Build one rolling hash for the string and one for the reversed string.

A substring s[l:r] is a palindrome if its forward hash equals the corresponding reverse hash.

func ReverseStringBytes(s string) string {
	b := []byte(s)

	for l, r := 0, len(b)-1; l < r; l, r = l+1, r-1 {
		b[l], b[r] = b[r], b[l]
	}

	return string(b)
}

For substring [l, r) in s, the corresponding range in rev is:

[n-r, n-l)

where n = len(s).

Complexity

Preprocessing:

Time:  O(n)
Space: O(n)

Substring hash query:

Time:  O(1)
Space: O(1)

Exact substring verification, when used, costs:

O(length)

Common Pitfalls

Hash equality does not guarantee string equality. Verify matches when exact correctness is required.

Using a small modulus creates frequent collisions.

Forgetting to normalize negative modulo results produces incorrect hashes.

Using byte hashes for Unicode text compares UTF-8 byte sequences, not characters.

Changing the base or modulus between compared strings makes hashes incompatible.

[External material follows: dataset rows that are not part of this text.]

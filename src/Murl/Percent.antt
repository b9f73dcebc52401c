-- ===== src/Murl/Percent.antt =====
-- crates/murl-core/src/murl.rs: `percent_decode`, `encode_segment`, `hex_val` and `decode_segment`.
pub mod RoundTrip
pub mod Segments
use m_url.Base.{
  ℕ, ◌+◌, ◌-◌, ◌*◌, ◌/◌, ◌%◌, Bool, true, false, ◌&&◌, ◌||◌, List, [], ◌∷◌, ◌++◌, Option, none,
  some, Result, ok, err, ◌>>=◌, ◌>>◌, refuse_if, ok_or, ltb, leb, ◌==◌, if◌then◌else◌, length, any,
}
use m_url.Base.Text.{Bytes, codes, bytes_eq, is_digit, is_alphanumeric, is_empty}
use m_url.Murl.Types.{
  MurlParseError, empty_segment, segment_too_long, invalid_segment, invalid_percent_encoding,
  not_utf8, control_character, path_separator, dot_segment, truncated_escape, bad_hex_digits,
  max_segment_bytes,
}
use m_url.Murl.Utf8.{chars, is_control}

unfoldable pub hex_val : ℕ → Option ℕ
hex_val b =
    if leb b'0' b && leb b b'9'
    then some (b - b'0')
    else if leb b'a' b && leb b b'f'
    then some (b - b'a' + 10)
    else if leb b'A' b && leb b b'F'
    then some (b - b'A' + 10)
    else none

abbrev pub push : ℕ → Result MurlParseError Bytes → Result MurlParseError Bytes
push b rest = rest >>= λ out. ok (b ∷ out)

-- `(h << 4) | l` of two values below 16 is their sum with weights.
unfoldable pub push_escape :
    Option ℕ → Option ℕ → Result MurlParseError Bytes → Result MurlParseError Bytes
push_escape none l rest = err (invalid_percent_encoding bad_hex_digits)
push_escape (some h) none rest = err (invalid_percent_encoding bad_hex_digits)
push_escape (some h) (some l) rest = push (h * 16 + l) rest

-- The `while i < raw.len()` loop, on the bytes from `i` on. A loop that fails later fails here with
-- the first error, as `push` passes the error of the rest on.
unfoldable pub percent_decode : Bytes → Result MurlParseError Bytes
percent_decode [] = ok []
percent_decode (b ∷ []) =
    if b == b'%' then err (invalid_percent_encoding truncated_escape) else ok (b ∷ [])
percent_decode (b ∷ c ∷ []) =
    let rest = push b (percent_decode (c ∷ [])) in
    if b == b'%' then err (invalid_percent_encoding truncated_escape) else rest
percent_decode (b ∷ c ∷ d ∷ s) =
    let escaped = push_escape (hex_val c) (hex_val d) (percent_decode s) in
    let plain = push b (percent_decode (c ∷ d ∷ s)) in if b == b'%' then escaped else plain

-- `char::from_digit(n, 16)` in upper case
abbrev pub hex_digit : ℕ → ℕ
hex_digit n = if ltb n 10 then b'0' + n else b'A' + (n - 10)

abbrev pub is_unreserved : ℕ → Bool
is_unreserved b = is_alphanumeric b || b == b'-' || b == b'.' || b == b'_' || b == b'~'

-- What one round of the loop of `encode_segment` appends.
unfoldable pub encode_byte : ℕ → Bytes
encode_byte b =
    if is_unreserved b then b ∷ [] else b'%' ∷ hex_digit (b / 16) ∷ hex_digit (b % 16) ∷ []

unfoldable pub encode_segment : Bytes → Bytes
encode_segment [] = []
encode_segment (b ∷ s) = encode_byte b ++ encode_segment s

abbrev pub is_separator : ℕ → Bool
is_separator c = c == b'/' || c == b'\\'

-- The loop over `s.chars()`: the first offending character decides.
unfoldable pub check_chars : List ℕ → Result MurlParseError (Unit {0})
check_chars [] = ok tt
check_chars (c ∷ cs) = do
  refuse_if (is_control c) (invalid_segment control_character)
  refuse_if (is_separator c) (invalid_segment path_separator)
  check_chars cs

-- `decode_segment` after the decoding of the escapes.
unfoldable pub check_segment : Bytes → Result MurlParseError Bytes
check_segment bytes = do
  refuse_if (ltb max_segment_bytes (length bytes)) segment_too_long
  cs ← ok_or (chars bytes) (invalid_segment not_utf8)
  check_chars cs
  refuse_if (bytes_eq bytes (codes ".") || bytes_eq bytes (codes ".."))
      (invalid_segment dot_segment)
  ok bytes

unfoldable pub decode_segment : Bytes → Result MurlParseError Bytes
decode_segment raw = do
  refuse_if (is_empty raw) empty_segment
  bytes ← percent_decode raw
  check_segment bytes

Integer multiplication may overflow before modulo if values are too large for the chosen type. Use int64 carefully, or use unsigned overflow hashing deliberately and consistently.

Design Pattern

Rolling hash consists of:

A prefix hash table
A power table
A constant time substring formula
An explicit collision policy

The collision policy is part of the algorithm, not an implementation detail.

Takeaway

Rolling hashes make substring comparison fast by replacing text segments with numeric fingerprints. They are powerful for repeated queries and pattern search, but they must be used with a clear collision strategy. Use direct verification for correctness-critical code and double hashing when probabilistic comparison is acceptable.